• **Input records**:
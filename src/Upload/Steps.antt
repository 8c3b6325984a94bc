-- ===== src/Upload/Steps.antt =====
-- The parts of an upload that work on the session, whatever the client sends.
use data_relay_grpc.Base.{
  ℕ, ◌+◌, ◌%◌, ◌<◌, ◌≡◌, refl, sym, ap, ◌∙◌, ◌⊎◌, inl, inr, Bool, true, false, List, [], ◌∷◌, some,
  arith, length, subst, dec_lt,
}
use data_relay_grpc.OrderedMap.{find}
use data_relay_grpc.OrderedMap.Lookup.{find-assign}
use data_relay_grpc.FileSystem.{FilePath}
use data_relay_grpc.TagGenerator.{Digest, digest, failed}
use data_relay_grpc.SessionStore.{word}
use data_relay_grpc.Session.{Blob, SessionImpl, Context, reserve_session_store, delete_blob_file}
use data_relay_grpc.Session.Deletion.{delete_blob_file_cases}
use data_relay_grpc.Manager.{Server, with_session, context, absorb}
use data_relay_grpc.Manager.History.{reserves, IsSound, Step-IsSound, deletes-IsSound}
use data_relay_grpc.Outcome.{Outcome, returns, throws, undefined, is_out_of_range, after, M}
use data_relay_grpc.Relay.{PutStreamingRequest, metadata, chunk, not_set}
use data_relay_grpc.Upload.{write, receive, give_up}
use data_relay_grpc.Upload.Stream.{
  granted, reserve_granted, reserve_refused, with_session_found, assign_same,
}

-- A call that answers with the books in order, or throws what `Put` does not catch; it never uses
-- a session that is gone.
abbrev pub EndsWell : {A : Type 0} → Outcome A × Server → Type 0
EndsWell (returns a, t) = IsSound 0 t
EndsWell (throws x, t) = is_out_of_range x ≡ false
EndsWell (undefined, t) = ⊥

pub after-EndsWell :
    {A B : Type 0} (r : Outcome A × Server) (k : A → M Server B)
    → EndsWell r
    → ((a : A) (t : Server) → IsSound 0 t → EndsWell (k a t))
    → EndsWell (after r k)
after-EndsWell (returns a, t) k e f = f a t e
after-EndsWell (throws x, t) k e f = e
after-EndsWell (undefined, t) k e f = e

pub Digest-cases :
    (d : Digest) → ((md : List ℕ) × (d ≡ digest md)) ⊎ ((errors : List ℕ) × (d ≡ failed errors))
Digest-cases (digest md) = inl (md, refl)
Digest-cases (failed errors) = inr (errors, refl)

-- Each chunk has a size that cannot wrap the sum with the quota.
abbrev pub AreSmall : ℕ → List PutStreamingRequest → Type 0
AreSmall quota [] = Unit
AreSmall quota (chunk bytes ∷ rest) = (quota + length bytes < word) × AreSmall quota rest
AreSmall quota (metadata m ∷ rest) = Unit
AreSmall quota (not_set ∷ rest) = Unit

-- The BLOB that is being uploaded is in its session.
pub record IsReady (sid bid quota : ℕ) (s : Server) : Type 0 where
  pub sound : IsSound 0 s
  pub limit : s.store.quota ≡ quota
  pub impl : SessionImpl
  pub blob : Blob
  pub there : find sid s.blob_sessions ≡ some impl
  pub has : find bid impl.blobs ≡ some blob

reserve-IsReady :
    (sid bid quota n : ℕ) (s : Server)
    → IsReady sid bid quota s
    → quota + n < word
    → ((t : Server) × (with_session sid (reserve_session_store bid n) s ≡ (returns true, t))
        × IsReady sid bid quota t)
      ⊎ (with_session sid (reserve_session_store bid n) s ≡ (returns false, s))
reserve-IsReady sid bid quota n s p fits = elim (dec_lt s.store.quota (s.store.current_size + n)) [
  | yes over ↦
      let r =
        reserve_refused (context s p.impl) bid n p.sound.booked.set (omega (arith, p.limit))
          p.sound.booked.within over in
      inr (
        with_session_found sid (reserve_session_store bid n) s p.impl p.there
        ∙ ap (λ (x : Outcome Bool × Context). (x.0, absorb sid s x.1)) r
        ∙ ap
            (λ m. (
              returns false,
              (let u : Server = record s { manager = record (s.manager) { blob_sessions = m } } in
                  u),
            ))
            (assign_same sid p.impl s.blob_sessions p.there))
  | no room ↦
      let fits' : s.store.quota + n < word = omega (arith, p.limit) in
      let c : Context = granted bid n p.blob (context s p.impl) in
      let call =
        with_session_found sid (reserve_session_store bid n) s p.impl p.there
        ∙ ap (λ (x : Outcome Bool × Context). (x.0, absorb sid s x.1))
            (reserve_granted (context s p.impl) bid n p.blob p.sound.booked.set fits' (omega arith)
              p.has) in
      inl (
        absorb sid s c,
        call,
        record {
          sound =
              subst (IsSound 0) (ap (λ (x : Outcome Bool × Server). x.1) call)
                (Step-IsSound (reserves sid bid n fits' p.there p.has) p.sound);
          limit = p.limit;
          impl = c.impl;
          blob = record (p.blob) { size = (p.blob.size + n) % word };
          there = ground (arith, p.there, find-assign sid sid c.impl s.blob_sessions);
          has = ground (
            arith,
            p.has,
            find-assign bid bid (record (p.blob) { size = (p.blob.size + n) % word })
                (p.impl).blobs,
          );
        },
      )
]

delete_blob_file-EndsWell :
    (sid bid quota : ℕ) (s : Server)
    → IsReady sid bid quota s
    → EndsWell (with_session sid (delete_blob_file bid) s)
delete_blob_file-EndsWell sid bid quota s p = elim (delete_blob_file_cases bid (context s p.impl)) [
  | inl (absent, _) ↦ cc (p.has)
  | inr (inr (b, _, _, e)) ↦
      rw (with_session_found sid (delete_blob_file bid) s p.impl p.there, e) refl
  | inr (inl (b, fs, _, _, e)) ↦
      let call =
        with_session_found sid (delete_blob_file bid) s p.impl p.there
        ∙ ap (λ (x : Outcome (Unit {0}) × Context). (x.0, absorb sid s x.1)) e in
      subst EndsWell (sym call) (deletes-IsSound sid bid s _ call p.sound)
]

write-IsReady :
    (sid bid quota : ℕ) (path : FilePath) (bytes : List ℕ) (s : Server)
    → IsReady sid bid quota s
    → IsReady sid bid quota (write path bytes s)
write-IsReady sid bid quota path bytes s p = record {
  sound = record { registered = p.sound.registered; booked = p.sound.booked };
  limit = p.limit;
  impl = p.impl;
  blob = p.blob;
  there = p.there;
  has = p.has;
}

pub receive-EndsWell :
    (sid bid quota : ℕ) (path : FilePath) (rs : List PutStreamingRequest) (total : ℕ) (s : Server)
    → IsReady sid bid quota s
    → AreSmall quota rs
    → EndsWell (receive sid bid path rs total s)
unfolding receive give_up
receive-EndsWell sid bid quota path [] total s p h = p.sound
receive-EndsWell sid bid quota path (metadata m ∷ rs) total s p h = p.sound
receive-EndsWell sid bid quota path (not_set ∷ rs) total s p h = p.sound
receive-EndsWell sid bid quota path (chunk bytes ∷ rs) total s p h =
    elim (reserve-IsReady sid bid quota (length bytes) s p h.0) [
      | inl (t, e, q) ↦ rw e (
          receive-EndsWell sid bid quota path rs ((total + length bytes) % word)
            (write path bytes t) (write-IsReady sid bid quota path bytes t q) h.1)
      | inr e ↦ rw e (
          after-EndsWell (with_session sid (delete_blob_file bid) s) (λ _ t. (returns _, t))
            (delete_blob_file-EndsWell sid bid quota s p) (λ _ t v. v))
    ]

• **Assignment**:
Gather and copy every line of the data in which the string "that" is found.

• **Result of this task**:
-- The parts of an upload that work on the session, whatever the client sends.
-- A call that answers with the books in order, or throws what `Put` does not catch; it never uses
-- a session that is gone.
-- Each chunk has a size that cannot wrap the sum with the quota.
-- The BLOB that is being uploaded is in its session.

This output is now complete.